§ Problem to work on: Only a number is wanted: how many lines in the records below contain "omega"?

-- Dataset extract follows --

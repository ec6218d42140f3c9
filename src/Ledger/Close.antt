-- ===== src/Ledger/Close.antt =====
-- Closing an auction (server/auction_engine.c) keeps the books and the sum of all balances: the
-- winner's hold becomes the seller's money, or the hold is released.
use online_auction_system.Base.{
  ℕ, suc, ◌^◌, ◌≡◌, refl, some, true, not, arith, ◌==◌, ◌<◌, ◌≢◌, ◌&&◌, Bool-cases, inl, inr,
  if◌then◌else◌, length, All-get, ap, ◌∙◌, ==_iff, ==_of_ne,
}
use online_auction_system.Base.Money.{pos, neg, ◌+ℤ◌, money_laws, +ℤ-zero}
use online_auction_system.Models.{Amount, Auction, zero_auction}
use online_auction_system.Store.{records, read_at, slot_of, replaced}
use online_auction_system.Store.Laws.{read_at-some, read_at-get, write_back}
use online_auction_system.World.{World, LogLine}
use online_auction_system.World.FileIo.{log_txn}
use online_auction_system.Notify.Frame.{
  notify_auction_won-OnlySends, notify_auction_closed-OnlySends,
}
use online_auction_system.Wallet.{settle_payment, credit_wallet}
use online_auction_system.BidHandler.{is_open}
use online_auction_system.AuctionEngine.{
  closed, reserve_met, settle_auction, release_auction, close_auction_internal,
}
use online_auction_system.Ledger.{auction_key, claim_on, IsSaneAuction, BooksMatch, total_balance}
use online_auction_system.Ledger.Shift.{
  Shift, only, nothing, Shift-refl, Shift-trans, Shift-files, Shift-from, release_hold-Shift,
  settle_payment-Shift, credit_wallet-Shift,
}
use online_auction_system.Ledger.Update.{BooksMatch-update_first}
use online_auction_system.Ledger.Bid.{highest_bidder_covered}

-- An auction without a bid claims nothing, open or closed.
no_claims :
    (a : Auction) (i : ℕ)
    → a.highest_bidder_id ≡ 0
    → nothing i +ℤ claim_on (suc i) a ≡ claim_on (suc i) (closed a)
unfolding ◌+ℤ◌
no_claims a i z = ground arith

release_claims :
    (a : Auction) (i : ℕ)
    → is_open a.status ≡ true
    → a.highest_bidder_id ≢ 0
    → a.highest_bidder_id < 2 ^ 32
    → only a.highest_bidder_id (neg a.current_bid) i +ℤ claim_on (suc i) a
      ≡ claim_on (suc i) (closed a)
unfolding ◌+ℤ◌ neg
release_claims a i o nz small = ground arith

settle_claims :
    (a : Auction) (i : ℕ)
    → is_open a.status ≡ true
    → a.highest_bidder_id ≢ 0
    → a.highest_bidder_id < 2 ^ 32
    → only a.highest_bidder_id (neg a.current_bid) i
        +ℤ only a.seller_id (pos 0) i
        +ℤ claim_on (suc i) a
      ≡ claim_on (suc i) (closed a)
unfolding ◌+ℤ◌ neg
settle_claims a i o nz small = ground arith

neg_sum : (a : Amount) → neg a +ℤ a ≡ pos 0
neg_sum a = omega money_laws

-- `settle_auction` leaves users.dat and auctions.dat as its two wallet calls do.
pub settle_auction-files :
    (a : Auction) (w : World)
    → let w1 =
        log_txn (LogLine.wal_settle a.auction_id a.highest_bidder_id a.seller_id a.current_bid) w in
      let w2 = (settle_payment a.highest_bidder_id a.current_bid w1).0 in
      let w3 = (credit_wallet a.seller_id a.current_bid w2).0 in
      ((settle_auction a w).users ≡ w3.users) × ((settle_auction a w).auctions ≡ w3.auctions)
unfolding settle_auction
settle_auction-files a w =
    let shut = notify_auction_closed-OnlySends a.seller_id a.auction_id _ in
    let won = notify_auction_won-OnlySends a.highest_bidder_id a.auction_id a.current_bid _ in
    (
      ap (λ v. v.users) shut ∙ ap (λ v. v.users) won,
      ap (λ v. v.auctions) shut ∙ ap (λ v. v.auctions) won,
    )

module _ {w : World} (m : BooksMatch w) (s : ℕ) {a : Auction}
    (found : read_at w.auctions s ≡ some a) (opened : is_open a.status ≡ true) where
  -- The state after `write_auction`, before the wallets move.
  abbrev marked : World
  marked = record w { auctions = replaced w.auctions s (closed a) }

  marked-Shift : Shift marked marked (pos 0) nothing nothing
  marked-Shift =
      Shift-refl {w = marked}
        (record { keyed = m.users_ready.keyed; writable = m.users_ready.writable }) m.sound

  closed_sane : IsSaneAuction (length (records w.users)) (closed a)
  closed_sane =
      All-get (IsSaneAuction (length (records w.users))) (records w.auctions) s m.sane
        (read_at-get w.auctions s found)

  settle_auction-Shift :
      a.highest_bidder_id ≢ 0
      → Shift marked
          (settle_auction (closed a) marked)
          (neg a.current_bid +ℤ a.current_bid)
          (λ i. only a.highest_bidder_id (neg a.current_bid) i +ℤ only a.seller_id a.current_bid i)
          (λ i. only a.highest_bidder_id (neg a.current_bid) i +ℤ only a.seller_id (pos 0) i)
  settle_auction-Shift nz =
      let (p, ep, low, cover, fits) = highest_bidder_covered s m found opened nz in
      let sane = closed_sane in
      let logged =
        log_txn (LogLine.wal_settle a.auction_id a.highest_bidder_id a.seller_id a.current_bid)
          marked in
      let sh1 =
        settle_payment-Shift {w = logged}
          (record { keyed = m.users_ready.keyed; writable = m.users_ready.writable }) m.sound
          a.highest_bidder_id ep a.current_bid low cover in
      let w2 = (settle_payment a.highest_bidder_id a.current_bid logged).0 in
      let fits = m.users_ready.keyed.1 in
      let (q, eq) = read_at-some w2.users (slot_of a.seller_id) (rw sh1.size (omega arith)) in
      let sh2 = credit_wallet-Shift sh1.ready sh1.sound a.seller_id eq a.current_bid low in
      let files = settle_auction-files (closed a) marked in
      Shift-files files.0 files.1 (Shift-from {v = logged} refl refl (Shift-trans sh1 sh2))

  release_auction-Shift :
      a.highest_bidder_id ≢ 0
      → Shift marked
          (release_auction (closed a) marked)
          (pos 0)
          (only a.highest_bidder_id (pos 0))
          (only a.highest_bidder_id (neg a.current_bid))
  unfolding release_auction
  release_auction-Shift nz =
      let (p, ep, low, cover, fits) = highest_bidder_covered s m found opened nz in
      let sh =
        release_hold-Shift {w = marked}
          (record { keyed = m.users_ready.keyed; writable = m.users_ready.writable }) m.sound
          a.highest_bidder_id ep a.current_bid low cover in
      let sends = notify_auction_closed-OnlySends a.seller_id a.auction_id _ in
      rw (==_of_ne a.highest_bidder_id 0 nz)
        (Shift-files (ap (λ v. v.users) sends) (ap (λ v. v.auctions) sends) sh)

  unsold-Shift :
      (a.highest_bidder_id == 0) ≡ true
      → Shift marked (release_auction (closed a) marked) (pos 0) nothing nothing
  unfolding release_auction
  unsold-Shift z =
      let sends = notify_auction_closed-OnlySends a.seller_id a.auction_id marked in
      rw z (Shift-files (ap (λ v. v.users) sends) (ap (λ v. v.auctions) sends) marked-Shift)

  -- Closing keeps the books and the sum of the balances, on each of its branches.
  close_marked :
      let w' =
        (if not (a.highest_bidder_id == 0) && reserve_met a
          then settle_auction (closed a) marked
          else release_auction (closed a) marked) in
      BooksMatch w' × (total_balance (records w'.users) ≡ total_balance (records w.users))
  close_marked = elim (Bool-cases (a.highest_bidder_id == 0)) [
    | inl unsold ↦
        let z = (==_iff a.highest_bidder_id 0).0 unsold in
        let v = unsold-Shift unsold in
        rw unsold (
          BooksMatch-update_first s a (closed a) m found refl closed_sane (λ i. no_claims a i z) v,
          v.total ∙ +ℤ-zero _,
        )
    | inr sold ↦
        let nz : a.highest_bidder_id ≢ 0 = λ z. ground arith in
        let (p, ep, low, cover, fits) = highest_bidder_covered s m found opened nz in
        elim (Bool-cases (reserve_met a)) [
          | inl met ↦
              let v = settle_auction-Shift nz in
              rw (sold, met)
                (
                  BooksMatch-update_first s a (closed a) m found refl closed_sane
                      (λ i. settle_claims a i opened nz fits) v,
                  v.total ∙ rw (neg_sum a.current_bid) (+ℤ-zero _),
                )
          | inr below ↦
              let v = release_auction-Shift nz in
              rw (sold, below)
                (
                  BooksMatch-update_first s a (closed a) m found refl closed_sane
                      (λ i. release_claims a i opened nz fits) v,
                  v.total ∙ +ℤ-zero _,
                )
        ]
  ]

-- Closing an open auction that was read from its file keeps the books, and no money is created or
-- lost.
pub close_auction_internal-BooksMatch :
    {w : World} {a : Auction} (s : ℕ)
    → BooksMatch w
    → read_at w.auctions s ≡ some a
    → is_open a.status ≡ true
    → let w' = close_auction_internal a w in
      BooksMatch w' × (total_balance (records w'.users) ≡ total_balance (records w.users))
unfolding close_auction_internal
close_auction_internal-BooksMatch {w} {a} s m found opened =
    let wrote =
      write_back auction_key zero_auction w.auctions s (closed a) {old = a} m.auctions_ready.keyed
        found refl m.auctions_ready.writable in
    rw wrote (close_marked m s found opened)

-- Dataset extract concluded --
-- Dataset extract follows --

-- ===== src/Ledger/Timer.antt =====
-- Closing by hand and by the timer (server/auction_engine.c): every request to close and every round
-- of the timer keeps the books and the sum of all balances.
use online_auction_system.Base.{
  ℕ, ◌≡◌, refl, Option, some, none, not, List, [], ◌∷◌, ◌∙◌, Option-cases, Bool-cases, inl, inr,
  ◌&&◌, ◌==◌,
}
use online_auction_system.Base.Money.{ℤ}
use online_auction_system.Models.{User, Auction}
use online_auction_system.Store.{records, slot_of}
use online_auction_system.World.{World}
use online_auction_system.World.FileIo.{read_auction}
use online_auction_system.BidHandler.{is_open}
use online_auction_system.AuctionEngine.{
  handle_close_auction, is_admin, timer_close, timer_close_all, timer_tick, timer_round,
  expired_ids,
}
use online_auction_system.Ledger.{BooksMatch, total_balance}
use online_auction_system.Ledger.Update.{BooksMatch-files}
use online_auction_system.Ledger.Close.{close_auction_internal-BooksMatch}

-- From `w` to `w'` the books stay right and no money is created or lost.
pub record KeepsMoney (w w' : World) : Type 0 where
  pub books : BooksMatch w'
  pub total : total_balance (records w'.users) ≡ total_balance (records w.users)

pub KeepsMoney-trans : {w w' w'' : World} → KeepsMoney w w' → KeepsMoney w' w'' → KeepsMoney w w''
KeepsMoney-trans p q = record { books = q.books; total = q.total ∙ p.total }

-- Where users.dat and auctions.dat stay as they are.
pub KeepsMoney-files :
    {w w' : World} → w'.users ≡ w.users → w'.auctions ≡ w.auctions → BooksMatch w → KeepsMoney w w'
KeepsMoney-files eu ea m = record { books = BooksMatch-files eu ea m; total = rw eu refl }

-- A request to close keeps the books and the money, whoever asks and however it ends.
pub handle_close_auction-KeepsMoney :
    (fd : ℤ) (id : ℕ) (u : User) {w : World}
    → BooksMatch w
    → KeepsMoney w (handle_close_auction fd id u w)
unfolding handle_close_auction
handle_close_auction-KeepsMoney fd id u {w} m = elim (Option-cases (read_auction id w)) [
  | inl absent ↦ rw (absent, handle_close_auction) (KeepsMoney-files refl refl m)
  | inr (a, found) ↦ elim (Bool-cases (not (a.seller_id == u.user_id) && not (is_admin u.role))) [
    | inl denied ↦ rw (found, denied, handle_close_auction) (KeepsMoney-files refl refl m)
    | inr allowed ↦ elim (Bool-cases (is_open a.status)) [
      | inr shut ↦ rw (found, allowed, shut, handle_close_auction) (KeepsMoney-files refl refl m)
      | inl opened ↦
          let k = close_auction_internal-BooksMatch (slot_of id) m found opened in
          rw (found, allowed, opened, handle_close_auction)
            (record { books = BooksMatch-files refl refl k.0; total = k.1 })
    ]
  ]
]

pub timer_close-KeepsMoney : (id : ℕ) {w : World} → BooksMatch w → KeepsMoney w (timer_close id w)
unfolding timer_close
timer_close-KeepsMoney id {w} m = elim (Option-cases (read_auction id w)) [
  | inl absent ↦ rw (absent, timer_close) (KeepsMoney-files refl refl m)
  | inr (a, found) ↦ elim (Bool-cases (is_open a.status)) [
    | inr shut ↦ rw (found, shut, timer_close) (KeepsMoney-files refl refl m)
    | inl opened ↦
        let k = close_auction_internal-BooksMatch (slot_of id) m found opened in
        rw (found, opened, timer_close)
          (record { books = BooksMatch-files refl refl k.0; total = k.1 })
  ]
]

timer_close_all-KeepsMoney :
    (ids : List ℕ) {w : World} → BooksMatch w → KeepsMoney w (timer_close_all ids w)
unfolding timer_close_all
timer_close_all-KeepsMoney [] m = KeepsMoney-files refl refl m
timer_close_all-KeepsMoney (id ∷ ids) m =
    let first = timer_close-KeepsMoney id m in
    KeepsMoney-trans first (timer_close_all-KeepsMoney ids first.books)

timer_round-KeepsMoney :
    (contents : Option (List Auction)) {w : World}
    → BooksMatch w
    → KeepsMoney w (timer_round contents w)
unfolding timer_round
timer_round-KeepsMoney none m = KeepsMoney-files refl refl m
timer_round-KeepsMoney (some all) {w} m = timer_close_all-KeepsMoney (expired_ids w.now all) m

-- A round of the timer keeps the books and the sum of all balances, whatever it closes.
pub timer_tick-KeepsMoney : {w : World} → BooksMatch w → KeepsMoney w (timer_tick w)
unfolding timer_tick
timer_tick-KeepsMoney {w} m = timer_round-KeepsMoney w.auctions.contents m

-- Dataset extract concluded --

§ Written response: 2